Response 15: Authors thank the reviewer for valuable comment. Authors made it clearer to reader as being described within the methodology Section 4.3. Among the excluded patients were those who died prior receiving of the OXA-48 antibiotic therapy or could not be assessed for clinical efficiency (who used antibiotics for less than 5 days). As authors further highlights that the duration of antibiotic therapy is that following the bacterial isolates obtained from the infected patients (first-positive cultures for the OXA-48-like gene in CRKP patients)

16. The statistics are not appropriate and not well done. It should be done again with the help of a senior statistician.

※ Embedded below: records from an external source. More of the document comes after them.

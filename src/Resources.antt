-- ===== src/Resources.antt =====
-- The tables of the resources crate: BasisRustServer/crates/basis-server-resources/src/lib.rs.
pub mod NetIds
pub mod Ownership
pub mod Store
pub mod Preload
pub mod Sharing
pub mod Cameras
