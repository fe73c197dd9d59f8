-- ===== src/Tests.antt =====
-- Runs of the model at concrete inputs.
pub mod Protocol
pub mod Transport
pub mod Handle
pub mod P2p
pub mod Resources
pub mod Permissions
pub mod Messages
pub mod Moderation
pub mod Avatar
pub mod Core
pub mod Admission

Response 16: Authors thank the reviewer for valuable suggestion. Kindly refer to the above

17. The discussion should focus on Oxa-48. Too many references dealing with the activity of CZA on KPC, which should be deleted or at least abstracted.

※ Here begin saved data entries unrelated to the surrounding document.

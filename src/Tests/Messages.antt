-- ===== src/Tests/Messages.antt =====
-- Messages at concrete inputs.
use basis_rust_server.Common.{
  ℕ, ◌<◌, ◌≡◌, refl, true, [], ◌∷◌, ◌++◌, length, take, replicate, arith,
}
use basis_rust_server.Common.Words.{to_le_bytes}
use basis_rust_server.Protocol.Messages.Objects.{serialize_preload_ready_message}
use basis_rust_server.Protocol.Avatar.{payload_len}
use basis_rust_server.Common.Utf8.{is_utf8}
use basis_rust_server.Protocol.Io.{
  NetReader, ok, err, underflow, new_writer, new_reader, put_bool, put_string,
}
use basis_rust_server.Protocol.Messages.Avatars.{ReadyMessage, sync_payload_len}
use basis_rust_server.Protocol.Messages.Kinds.{
  Message, serialize_message, deserialize_message, LastMessage, serialize_last_message,
  deserialize_last_message, ready, preload_ready, avatar_data,
}
use basis_rust_server.Protocol.Messages.Kinds.RoundTrip.{
  Fits, received, deserialize_message-serialize_message, deserialize_message-part,
  deserialize_last_message-serialize_last_message,
}

-- "ada" is ready; the platform has no name, and one of two pieces of data is empty.
abbrev pub ada_ready : ReadyMessage
ada_ready = record {
  player_meta_data_message = record {
    player_uuid = 0x61 ∷ 0x64 ∷ 0x61 ∷ [];
    player_display_name = 0x61 ∷ [];
    player_platform = [];
  };
  client_avatar_change_message = record {
    load_mode = 1;
    byte_array = 9 ∷ 8 ∷ [];
    local_avatar_index = 2;
  };
  local_avatar_sync_message = record {
    data_quality_level = 0;
    array = replicate 112 0;
    additional_avatar_datas =
        record { message_index = 3; bytes = [] }
        ∷ record { message_index = 4; bytes = 5 ∷ [] }
        ∷ [];
    linked_avatar_index = 6;
  };
}

pub ada_ready-Fits : Fits ready ada_ready
unfolding is_utf8 sync_payload_len payload_len
ada_ready-Fits = (
  ((refl, omega arith), (refl, omega arith), (refl, omega arith)),
  omega arith,
  (refl, omega arith),
)

deserialize_message-serialize_message_example :
    let written = (serialize_message ready ada_ready new_writer).bytes in
    deserialize_message ready (new_reader (written ++ (7 ∷ [])))
    ≡ ok (received ready ada_ready, record { bytes = written ++ (7 ∷ []); pos = length written })
deserialize_message-serialize_message_example =
    deserialize_message-serialize_message ready ada_ready (7 ∷ []) ada_ready-Fits

abbrev preload : Message preload_ready
preload = record { loaded_net_id = 0x61 ∷ []; is_ready = true }

preload-Fits : Fits preload_ready preload
unfolding is_utf8
preload-Fits = (refl, omega arith)

preload_short : 3 < length (serialize_message preload_ready preload new_writer).bytes
unfolding serialize_message serialize_preload_ready_message put_bool put_string new_writer
    to_le_bytes
preload_short = omega arith

deserialize_message-part_example :
    (needed left : ℕ) × (deserialize_message preload_ready
        (new_reader (take 3 (serialize_message preload_ready preload new_writer).bytes))
      ≡ err (underflow needed left))
deserialize_message-part_example =
    deserialize_message-part preload_ready preload 3 preload-Fits preload_short

abbrev data_message : LastMessage avatar_data
data_message = record {
  player_id = 513;
  avatar_link_index = 1;
  message_index = 2;
  recipients = 7 ∷ 300 ∷ [];
  payload = 4 ∷ 5 ∷ [];
}

deserialize_last_message-serialize_last_message_example :
    (r : NetReader) × (deserialize_last_message avatar_data
        (new_reader (serialize_last_message avatar_data data_message new_writer).bytes)
      ≡ ok (data_message, r))
deserialize_last_message-serialize_last_message_example =
    deserialize_last_message-serialize_last_message avatar_data data_message (omega arith)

18. Important references should be cited and commented:

Castanheira et al , J Antimicrob Chemother 2021; 76: 3125–3134 Ref. 52

Tamma et al - Clinical Infectious Diseases® 2021;72(7):e169–83 Ref. 55

Paul M et al - Clinical Microbiology and Infection 28 (2022) 521e547 Ref. 56

Nagvekar et al – Indian J crit care med 2021 ; 25 :780-84 Ref. 67

19. Another very recent exhaustive text may help to re write the discussion:

Infectious Diseases Society of America 2023 Guidance on the Treatment of Antimicrobial

Resistant Gram-Negative Infections. Tamma PD, Aitken SL, Bonomo RA, Mathers AJ, van

Duin D, Clancy CJ.Clin Infect Dis. 2023 Jul 18:ciad428. doi: 10.1093/cid/ciad428. Online

ahead of print.PMID: 37463564 Ref. 45

Responses 17-19: Authors thank the reviewer for valuable suggestion. The discussion section was enriched by valuable manuscripts suggested by the reviewer. Data regarding current clinical burden and management of OXA-48-like strains are now highlighted within the discussion sections. Data regarding the activity of CAZ-AVI on KPC was abstracted. Comparative narration between the study’s findings in terms of clinical efficiency/success, microbial eradication and mortality were highlighted in relation to data reported by literature studies, including those highlighted by the reviewer. Kindly refer to Green highlights at lines 313-316, 318-324, 335-346, and 390-400.

20. Comments on the Quality of English Language: see previous chapter ..;a lot of typos and grammatical mistakes.

Response 20: Authors thank the reviewer for valuable comment and great expectation within the presented work. Authors have thoroughly revised the manuscript making it highly appealing and interesting to readers. All typos have been corrected.